TASK GOAL —
From the entries below, please output exactly the lines starting at the one containing "unfoldable pub extend : ℕ → List ℕ → List ℕ" and ending at the one containing "compressed st block", both included.

___ DATA EXTRACT ___

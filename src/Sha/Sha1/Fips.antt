-- ===== src/Sha/Sha1/Fips.antt =====
-- The compression function of SHA-1 as FIPS 180 has it, over the functions on words of
-- generic/sha1.c, to compare SHA1Transform with.
use e2factory.Common.{
  ℕ, zero, suc, ◌+◌, ◌-◌, ◌≡◌, ap, ◌∙◌, bit_and, bit_or, bit_xor, List, [], ◌∷◌, ◌++◌, Bytes,
  get_or, length, arith,
}
use e2factory.Sha.Words.{u32, load_le}
use e2factory.Sha.Sha1.{Regs, rol, mix, constant}

-- A round as FIPS 180 has it, with its word.
unfoldable pub round : ℕ → ℕ → Regs → Regs
round t x r = record {
  a = u32 (rol r.a 5 + mix t r.b r.c r.d + r.e + constant t + x);
  b = r.a;
  c = rol r.b 30;
  d = r.c;
  e = r.d;
}

-- All rounds of a schedule.
unfoldable pub rounds_all : ℕ → List ℕ → Regs → Regs
rounds_all t [] r = r
rounds_all t (x ∷ xs) r = rounds_all (t + 1) xs (round t x r)

pub rounds_all-append :
    (t : ℕ) (s : List ℕ) (x : ℕ) (r : Regs)
    → rounds_all t (s ++ (x ∷ [])) r ≡ round (t + length s) x (rounds_all t s r)
unfolding rounds_all
rounds_all-append t [] x r = let same : t ≡ t + 0 = omega arith in ap (λ k. round k x r) same
rounds_all-append t (w ∷ ws) x r =
    let same : t + 1 + length ws ≡ t + suc (length ws) = omega arith in
    rounds_all-append (t + 1) ws x (round t w r)
    ∙ ap (λ k. round k x (rounds_all (t + 1) ws (round t w r))) same

-- W of FIPS 180 for the next round.
unfoldable pub next_word : List ℕ → ℕ
next_word s =
    let t = length s in
    rol
      (bit_xor (bit_xor (bit_xor (get_or s (t - 3) 0) (get_or s (t - 8) 0)) (get_or s (t - 14) 0))
        (get_or s (t - 16) 0))
      1

unfoldable pub extend : ℕ → List ℕ → List ℕ
extend zero s = s
extend (suc n) s = extend n (s ++ (next_word s ∷ []))

-- A word with its bytes swapped.
abbrev pub swapped : ℕ → ℕ
swapped w = bit_or (bit_and (rol w 24) 0xff00ff00) (bit_and (rol w 8) 0x00ff00ff)

-- The words of a block from word `j` on.
unfoldable pub words_of : ℕ → ℕ → Bytes → List ℕ
words_of zero j block = []
words_of (suc n) j block = swapped (load_le block j) ∷ words_of n (j + 1) block

-- The compression function of FIPS 180: the schedule of all eighty rounds first, then the rounds.
unfoldable pub compressed : Regs → Bytes → Regs
compressed st block =
    let r = rounds_all 0 (extend 64 (words_of 16 0 block)) st in
    record {
      a = u32 (st.a + r.a);
      b = u32 (st.b + r.b);
      c = u32 (st.c + r.c);
      d = u32 (st.d + r.d);
      e = u32 (st.e + r.e);
    }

___

OUTPUT OF THE TASK —
unfoldable pub extend : ℕ → List ℕ → List ℕ
extend zero s = s
extend (suc n) s = extend n (s ++ (next_word s ∷ []))

-- A word with its bytes swapped.
abbrev pub swapped : ℕ → ℕ
swapped w = bit_or (bit_and (rol w 24) 0xff00ff00) (bit_and (rol w 8) 0x00ff00ff)

-- The words of a block from word `j` on.
unfoldable pub words_of : ℕ → ℕ → Bytes → List ℕ
words_of zero j block = []
words_of (suc n) j block = swapped (load_le block j) ∷ words_of n (j + 1) block

-- The compression function of FIPS 180: the schedule of all eighty rounds first, then the rounds.
unfoldable pub compressed : Regs → Bytes → Regs
compressed st block =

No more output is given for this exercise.